(SUPPLIED ENTRIES Opens)
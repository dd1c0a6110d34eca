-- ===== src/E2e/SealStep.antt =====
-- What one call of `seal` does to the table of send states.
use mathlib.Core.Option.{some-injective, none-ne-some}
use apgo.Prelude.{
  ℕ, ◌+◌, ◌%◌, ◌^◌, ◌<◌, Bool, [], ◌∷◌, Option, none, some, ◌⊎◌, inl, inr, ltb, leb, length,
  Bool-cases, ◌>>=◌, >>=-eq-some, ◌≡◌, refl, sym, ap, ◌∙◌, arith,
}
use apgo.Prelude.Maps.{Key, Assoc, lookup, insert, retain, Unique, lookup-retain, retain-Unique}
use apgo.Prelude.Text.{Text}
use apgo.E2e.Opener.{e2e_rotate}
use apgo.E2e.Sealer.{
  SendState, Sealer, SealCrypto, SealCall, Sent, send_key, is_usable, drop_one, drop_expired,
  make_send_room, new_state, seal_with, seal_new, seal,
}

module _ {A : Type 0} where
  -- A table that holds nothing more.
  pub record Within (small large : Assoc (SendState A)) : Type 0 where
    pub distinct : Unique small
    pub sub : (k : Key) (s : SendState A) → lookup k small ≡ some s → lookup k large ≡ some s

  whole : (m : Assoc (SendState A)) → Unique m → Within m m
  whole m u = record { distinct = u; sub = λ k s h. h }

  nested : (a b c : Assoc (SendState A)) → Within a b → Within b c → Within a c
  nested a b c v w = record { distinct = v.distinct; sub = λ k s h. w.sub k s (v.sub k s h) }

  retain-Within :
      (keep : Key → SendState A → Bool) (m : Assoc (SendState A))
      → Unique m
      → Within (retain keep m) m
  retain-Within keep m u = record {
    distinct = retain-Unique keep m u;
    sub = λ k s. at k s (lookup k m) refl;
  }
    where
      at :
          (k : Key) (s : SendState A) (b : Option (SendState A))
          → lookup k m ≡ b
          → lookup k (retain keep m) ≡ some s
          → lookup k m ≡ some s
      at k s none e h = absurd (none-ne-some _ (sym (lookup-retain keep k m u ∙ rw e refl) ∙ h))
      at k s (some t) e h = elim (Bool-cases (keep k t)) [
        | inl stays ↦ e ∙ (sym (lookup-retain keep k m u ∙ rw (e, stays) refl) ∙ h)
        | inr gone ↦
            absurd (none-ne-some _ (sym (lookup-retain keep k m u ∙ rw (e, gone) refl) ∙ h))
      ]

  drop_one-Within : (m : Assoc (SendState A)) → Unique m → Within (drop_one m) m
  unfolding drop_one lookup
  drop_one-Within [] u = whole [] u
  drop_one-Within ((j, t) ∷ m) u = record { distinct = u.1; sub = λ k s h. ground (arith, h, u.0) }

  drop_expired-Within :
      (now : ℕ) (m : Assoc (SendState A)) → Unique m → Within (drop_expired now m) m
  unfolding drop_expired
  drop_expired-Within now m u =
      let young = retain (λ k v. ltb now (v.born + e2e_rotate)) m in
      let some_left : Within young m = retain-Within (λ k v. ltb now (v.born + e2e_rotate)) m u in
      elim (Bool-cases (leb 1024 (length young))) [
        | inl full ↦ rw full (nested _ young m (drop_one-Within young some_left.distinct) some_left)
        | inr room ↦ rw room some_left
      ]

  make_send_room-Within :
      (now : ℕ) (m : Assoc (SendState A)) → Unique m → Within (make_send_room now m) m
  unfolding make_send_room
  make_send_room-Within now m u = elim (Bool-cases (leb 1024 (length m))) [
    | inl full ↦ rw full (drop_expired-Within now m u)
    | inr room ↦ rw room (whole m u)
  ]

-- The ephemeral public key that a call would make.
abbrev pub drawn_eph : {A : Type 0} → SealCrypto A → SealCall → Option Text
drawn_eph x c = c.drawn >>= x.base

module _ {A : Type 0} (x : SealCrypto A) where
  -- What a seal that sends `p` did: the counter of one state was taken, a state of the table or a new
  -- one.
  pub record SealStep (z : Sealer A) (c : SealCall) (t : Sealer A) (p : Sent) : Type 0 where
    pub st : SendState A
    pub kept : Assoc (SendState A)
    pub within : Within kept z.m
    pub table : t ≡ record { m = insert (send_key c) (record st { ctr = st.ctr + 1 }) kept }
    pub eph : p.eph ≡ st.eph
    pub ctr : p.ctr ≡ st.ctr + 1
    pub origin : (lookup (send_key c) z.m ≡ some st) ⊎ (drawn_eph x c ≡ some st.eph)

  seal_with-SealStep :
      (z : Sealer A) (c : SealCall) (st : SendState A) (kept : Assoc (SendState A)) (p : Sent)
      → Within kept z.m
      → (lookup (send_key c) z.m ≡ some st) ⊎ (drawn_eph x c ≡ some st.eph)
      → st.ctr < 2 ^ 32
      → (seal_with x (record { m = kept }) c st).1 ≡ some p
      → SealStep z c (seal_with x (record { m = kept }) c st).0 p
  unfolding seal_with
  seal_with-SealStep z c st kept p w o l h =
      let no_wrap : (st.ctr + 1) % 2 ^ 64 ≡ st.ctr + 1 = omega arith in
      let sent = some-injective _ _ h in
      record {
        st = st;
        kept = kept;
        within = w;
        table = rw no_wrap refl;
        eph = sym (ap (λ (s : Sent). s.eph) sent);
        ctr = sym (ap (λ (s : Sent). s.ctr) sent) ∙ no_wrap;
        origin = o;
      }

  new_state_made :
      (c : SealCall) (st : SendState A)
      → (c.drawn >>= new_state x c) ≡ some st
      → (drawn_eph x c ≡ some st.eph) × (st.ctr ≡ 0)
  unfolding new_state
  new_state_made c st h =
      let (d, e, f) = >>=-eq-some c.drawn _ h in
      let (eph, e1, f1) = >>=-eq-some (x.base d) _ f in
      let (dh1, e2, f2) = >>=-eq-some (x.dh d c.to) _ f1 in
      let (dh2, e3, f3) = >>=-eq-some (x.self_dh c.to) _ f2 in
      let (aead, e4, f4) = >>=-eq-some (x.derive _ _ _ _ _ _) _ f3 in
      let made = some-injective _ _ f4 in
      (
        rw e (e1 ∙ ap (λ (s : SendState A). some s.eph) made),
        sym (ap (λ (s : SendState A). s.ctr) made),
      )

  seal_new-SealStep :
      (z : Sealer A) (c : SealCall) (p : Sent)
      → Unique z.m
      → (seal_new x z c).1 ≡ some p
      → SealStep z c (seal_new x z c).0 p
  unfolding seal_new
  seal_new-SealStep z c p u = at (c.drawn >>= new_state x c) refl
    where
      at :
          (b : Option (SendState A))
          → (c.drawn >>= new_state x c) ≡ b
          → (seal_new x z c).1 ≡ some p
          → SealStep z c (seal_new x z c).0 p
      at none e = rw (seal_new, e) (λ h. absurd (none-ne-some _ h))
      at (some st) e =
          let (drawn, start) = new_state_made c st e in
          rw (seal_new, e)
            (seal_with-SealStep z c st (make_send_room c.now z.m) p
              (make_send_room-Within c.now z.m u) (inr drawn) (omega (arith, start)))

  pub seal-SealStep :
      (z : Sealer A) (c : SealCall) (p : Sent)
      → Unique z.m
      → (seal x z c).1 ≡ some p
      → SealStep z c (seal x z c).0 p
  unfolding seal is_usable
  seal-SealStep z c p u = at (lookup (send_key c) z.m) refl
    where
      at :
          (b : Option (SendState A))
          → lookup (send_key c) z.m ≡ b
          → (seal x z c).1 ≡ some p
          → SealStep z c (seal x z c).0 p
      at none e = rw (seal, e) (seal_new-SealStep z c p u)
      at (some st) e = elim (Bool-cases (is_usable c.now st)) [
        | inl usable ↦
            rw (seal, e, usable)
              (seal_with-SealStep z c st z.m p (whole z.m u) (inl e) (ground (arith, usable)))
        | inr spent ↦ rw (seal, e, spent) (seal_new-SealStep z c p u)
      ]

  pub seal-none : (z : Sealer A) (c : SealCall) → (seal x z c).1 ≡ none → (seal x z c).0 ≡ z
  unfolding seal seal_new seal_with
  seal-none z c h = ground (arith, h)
(SUPPLIED ENTRIES Closes)
(SUPPLIED ENTRIES Opens)
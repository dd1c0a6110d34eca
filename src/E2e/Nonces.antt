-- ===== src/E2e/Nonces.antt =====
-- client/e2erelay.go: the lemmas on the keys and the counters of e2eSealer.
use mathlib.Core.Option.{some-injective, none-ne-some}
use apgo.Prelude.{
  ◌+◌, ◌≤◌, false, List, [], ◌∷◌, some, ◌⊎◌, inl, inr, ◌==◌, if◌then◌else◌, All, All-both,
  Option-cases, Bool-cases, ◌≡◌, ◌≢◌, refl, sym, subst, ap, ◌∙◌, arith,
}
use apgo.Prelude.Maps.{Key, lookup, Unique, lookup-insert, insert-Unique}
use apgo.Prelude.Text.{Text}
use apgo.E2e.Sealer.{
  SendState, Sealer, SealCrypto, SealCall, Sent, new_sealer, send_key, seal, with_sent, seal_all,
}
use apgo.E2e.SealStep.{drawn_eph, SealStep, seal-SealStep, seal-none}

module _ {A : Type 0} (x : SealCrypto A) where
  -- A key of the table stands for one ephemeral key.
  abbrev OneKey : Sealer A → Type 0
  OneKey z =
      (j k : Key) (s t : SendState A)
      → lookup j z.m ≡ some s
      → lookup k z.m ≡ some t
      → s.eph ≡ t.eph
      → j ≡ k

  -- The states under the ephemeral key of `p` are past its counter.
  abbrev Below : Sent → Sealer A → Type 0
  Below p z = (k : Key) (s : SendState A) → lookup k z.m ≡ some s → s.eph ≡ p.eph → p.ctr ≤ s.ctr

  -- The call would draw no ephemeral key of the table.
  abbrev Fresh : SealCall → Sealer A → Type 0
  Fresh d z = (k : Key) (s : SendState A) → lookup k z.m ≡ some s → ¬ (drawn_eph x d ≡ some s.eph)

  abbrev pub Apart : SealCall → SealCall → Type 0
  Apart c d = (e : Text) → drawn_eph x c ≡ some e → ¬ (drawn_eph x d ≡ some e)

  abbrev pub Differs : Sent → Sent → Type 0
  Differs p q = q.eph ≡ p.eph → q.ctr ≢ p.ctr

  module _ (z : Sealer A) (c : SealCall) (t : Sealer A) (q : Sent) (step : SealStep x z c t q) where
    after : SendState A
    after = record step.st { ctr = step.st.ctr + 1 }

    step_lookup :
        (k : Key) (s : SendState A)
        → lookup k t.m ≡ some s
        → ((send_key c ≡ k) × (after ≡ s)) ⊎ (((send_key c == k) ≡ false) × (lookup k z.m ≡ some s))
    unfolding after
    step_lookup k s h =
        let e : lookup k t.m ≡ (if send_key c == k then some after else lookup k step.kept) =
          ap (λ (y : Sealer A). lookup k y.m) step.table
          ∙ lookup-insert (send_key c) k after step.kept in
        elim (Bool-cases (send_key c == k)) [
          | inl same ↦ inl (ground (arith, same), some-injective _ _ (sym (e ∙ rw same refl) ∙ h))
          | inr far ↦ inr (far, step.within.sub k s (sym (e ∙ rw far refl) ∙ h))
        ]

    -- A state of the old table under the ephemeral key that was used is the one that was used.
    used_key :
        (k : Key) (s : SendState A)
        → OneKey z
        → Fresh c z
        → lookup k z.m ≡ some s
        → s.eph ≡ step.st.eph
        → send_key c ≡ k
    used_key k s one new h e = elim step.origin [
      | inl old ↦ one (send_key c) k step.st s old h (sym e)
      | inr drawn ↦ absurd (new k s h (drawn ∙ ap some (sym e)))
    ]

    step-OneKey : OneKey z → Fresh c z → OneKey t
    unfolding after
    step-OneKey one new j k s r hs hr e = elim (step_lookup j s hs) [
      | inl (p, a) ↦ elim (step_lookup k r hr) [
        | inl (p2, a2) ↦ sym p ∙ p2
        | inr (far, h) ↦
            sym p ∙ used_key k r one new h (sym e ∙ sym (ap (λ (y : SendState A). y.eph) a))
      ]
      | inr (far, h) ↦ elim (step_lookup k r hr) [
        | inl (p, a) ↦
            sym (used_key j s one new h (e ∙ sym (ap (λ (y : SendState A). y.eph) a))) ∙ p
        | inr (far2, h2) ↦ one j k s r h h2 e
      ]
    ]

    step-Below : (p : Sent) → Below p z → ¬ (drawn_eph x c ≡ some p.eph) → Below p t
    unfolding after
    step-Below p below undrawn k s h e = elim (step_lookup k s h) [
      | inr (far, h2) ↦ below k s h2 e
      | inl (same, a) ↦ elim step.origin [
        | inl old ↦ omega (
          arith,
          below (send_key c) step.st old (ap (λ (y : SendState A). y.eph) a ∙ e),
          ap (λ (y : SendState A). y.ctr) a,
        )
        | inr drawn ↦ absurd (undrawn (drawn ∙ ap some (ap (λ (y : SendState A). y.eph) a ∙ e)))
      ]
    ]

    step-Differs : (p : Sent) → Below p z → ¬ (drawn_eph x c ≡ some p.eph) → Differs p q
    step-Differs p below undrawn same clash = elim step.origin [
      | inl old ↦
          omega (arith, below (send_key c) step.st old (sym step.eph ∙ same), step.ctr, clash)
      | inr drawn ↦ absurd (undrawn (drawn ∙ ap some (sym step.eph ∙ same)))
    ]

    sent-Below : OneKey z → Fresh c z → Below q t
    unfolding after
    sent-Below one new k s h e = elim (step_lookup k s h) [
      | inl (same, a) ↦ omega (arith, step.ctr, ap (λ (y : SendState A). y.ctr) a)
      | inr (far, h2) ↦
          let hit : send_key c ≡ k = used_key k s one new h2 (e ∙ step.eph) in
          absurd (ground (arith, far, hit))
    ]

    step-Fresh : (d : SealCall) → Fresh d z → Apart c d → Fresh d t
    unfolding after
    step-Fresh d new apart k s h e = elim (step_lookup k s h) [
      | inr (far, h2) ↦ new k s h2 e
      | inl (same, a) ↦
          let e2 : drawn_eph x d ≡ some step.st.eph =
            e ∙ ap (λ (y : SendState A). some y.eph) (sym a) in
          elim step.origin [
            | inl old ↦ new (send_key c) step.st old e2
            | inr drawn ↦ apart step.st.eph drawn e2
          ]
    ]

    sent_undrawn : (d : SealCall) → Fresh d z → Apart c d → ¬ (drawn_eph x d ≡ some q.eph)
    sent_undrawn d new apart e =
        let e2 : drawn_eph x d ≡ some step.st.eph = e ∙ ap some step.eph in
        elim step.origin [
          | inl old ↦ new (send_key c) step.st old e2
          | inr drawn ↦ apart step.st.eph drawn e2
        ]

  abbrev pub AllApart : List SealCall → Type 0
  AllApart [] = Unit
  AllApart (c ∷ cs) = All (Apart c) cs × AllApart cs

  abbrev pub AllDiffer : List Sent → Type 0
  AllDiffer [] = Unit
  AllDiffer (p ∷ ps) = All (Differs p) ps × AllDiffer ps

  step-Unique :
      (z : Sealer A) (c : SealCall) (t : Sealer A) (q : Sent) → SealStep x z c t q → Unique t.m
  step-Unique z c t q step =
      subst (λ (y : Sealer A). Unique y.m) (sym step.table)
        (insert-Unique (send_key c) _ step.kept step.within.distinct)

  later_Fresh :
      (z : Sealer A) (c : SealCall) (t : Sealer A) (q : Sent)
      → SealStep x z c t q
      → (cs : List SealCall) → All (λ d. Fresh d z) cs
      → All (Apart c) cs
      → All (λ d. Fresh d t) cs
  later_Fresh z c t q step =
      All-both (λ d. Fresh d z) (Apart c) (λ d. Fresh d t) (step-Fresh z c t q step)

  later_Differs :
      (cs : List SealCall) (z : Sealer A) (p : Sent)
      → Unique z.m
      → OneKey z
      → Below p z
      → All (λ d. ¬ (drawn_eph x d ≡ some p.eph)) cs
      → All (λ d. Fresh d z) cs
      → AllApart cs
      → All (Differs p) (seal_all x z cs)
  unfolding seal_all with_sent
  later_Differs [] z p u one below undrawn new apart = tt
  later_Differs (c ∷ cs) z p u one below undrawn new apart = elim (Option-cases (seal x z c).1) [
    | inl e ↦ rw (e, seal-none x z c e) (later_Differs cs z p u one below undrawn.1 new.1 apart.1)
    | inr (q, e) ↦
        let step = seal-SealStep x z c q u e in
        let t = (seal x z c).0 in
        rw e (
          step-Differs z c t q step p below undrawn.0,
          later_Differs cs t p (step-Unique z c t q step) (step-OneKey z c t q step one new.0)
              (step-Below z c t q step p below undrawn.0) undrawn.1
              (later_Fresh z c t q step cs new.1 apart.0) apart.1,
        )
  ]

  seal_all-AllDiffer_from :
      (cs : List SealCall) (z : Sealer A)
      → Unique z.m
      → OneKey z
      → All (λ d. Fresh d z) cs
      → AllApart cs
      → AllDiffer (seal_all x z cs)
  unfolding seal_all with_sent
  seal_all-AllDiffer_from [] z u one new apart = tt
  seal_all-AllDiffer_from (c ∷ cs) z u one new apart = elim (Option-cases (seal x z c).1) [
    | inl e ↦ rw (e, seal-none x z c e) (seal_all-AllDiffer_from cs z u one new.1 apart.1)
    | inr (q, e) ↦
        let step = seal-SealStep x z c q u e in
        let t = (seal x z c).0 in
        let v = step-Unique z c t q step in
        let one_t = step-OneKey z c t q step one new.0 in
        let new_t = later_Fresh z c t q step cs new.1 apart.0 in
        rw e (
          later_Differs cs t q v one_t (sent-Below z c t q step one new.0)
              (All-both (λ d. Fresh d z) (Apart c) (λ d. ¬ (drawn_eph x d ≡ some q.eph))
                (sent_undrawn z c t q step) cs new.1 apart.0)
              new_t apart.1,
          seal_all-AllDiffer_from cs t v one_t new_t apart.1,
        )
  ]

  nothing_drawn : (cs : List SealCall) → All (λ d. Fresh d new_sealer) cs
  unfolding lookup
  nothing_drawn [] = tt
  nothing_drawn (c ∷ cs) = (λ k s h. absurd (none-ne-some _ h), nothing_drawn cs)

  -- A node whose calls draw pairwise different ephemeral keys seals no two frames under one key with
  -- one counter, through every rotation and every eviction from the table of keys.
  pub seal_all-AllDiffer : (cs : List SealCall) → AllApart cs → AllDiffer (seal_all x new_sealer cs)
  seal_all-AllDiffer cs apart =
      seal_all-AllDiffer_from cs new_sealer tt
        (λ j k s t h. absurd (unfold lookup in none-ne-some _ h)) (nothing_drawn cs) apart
(SUPPLIED ENTRIES Closes)
(SUPPLIED ENTRIES Opens)
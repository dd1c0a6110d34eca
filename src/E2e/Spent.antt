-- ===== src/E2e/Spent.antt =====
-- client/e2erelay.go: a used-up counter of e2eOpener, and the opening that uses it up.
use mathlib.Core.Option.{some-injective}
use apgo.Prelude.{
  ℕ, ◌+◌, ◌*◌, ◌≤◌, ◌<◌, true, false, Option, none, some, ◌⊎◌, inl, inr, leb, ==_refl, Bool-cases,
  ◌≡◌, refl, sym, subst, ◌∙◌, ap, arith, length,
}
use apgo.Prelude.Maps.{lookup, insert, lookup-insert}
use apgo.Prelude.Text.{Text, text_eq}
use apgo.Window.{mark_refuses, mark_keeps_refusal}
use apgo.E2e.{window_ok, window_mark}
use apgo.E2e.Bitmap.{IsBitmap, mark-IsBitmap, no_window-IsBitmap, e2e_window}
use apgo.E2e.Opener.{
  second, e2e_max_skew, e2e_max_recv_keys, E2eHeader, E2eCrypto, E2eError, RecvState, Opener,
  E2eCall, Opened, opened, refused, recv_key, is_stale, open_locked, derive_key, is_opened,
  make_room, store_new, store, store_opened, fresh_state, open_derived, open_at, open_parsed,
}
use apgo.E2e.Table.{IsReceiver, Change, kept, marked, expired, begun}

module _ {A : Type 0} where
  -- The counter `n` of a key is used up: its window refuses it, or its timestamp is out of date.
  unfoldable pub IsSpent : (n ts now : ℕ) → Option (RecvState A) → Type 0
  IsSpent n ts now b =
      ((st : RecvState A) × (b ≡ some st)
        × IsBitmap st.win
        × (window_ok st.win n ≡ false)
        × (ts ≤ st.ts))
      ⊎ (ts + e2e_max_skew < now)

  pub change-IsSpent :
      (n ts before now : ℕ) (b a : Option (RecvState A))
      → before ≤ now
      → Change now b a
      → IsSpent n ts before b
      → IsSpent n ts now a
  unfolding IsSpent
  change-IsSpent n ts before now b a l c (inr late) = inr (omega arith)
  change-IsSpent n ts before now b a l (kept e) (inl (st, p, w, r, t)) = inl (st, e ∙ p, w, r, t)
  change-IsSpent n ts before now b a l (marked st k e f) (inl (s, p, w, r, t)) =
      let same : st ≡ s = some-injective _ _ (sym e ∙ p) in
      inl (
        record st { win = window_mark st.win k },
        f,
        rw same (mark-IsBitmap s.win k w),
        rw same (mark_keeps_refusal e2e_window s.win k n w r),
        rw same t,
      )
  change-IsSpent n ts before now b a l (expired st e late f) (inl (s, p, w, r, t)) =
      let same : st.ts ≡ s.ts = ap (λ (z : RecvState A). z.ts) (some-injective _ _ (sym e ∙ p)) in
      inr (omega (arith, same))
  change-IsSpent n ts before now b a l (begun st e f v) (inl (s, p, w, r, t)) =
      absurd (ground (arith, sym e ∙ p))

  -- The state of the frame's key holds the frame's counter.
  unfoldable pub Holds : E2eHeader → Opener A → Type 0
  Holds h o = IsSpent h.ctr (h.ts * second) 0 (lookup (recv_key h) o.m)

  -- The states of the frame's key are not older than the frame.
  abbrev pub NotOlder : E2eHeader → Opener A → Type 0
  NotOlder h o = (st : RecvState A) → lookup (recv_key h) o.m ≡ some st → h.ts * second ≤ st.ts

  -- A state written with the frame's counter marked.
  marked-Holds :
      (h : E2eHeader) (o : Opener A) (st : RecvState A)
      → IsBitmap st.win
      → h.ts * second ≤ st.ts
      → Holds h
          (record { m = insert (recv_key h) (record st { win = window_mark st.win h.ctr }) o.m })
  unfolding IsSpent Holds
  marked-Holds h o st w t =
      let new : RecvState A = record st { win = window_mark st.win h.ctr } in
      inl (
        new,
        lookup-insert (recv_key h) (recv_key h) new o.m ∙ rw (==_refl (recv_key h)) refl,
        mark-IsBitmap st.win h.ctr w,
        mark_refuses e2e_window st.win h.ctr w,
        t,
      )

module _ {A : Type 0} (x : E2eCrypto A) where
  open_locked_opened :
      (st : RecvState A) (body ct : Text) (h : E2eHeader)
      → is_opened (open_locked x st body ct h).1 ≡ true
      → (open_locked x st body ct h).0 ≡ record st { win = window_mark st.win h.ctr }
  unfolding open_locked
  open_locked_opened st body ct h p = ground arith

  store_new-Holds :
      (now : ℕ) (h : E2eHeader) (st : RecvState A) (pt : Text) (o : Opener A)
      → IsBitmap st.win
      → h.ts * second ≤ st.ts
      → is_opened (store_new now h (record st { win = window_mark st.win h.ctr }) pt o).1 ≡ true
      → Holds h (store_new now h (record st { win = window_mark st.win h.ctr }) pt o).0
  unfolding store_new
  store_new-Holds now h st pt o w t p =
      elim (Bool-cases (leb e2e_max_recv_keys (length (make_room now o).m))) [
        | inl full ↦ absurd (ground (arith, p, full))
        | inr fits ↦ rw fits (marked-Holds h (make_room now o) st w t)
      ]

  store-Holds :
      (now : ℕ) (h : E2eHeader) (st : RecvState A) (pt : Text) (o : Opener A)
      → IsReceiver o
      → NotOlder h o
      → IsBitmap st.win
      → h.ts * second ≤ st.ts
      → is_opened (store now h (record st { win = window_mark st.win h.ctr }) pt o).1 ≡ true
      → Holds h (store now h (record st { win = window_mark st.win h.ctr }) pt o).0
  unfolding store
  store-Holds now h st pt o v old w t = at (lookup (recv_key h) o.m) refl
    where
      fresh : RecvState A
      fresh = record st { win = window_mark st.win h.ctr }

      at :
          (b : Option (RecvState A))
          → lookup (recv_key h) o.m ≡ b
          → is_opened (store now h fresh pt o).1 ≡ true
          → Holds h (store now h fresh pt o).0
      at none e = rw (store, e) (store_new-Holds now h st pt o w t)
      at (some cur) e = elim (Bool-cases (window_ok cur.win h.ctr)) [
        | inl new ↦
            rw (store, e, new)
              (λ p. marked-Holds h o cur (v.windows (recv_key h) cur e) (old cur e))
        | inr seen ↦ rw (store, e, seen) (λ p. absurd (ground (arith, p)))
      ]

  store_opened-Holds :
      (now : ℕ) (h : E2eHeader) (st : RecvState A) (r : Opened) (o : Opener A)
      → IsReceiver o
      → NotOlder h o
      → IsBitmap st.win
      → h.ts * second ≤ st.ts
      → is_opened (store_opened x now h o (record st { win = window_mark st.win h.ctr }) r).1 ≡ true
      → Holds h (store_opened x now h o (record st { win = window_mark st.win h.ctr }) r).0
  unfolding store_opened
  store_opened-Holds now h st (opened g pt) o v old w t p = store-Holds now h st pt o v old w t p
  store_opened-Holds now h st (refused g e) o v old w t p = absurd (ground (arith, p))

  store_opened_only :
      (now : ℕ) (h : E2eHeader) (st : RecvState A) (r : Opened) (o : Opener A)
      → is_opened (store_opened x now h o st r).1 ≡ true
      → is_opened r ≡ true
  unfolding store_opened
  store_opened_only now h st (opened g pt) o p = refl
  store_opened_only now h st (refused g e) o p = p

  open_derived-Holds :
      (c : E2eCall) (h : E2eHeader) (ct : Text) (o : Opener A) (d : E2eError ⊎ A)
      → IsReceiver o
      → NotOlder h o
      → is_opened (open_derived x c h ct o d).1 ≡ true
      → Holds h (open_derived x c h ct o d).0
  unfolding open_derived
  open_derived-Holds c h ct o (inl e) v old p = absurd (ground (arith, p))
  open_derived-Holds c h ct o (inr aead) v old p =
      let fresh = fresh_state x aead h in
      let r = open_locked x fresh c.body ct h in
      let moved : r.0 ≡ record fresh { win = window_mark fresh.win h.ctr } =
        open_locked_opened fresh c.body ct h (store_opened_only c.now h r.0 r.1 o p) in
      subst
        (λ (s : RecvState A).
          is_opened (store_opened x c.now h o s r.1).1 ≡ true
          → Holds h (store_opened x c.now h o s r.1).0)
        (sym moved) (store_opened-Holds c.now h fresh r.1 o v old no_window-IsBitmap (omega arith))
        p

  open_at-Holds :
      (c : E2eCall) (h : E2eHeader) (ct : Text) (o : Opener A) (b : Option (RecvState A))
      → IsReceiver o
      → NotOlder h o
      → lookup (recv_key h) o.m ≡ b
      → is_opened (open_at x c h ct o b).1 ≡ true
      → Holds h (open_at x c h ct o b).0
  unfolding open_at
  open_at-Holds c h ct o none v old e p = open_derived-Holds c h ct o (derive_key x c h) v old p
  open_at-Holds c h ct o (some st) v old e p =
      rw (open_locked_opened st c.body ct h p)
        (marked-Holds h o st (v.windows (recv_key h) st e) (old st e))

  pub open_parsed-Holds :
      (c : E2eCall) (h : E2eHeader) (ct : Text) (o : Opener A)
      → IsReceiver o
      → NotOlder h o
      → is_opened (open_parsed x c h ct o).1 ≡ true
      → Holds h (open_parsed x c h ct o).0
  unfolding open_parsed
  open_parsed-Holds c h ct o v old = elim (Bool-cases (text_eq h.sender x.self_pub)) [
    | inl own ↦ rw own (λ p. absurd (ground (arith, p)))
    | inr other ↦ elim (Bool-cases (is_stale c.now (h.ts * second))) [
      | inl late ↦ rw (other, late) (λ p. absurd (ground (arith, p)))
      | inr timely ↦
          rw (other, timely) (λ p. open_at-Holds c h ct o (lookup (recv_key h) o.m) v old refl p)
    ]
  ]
(SUPPLIED ENTRIES Closes)
▶ **PROBLEM TO WORK ON**
Among the entries above, locate the lines containing "sent_undrawn d new" and "AllApart (c ∷", and transcribe exactly those two lines and all lines between.

▶ **OUTPUT OF THE TASK**
    sent_undrawn d new apart e =
        let e2 : drawn_eph x d ≡ some step.st.eph = e ∙ ap some step.eph in
        elim step.origin [
          | inl old ↦ new (send_key c) step.st old e2
          | inr drawn ↦ apart step.st.eph drawn e2
        ]

  abbrev pub AllApart : List SealCall → Type 0
  AllApart [] = Unit
  AllApart (c ∷ cs) = All (Apart c) cs × AllApart cs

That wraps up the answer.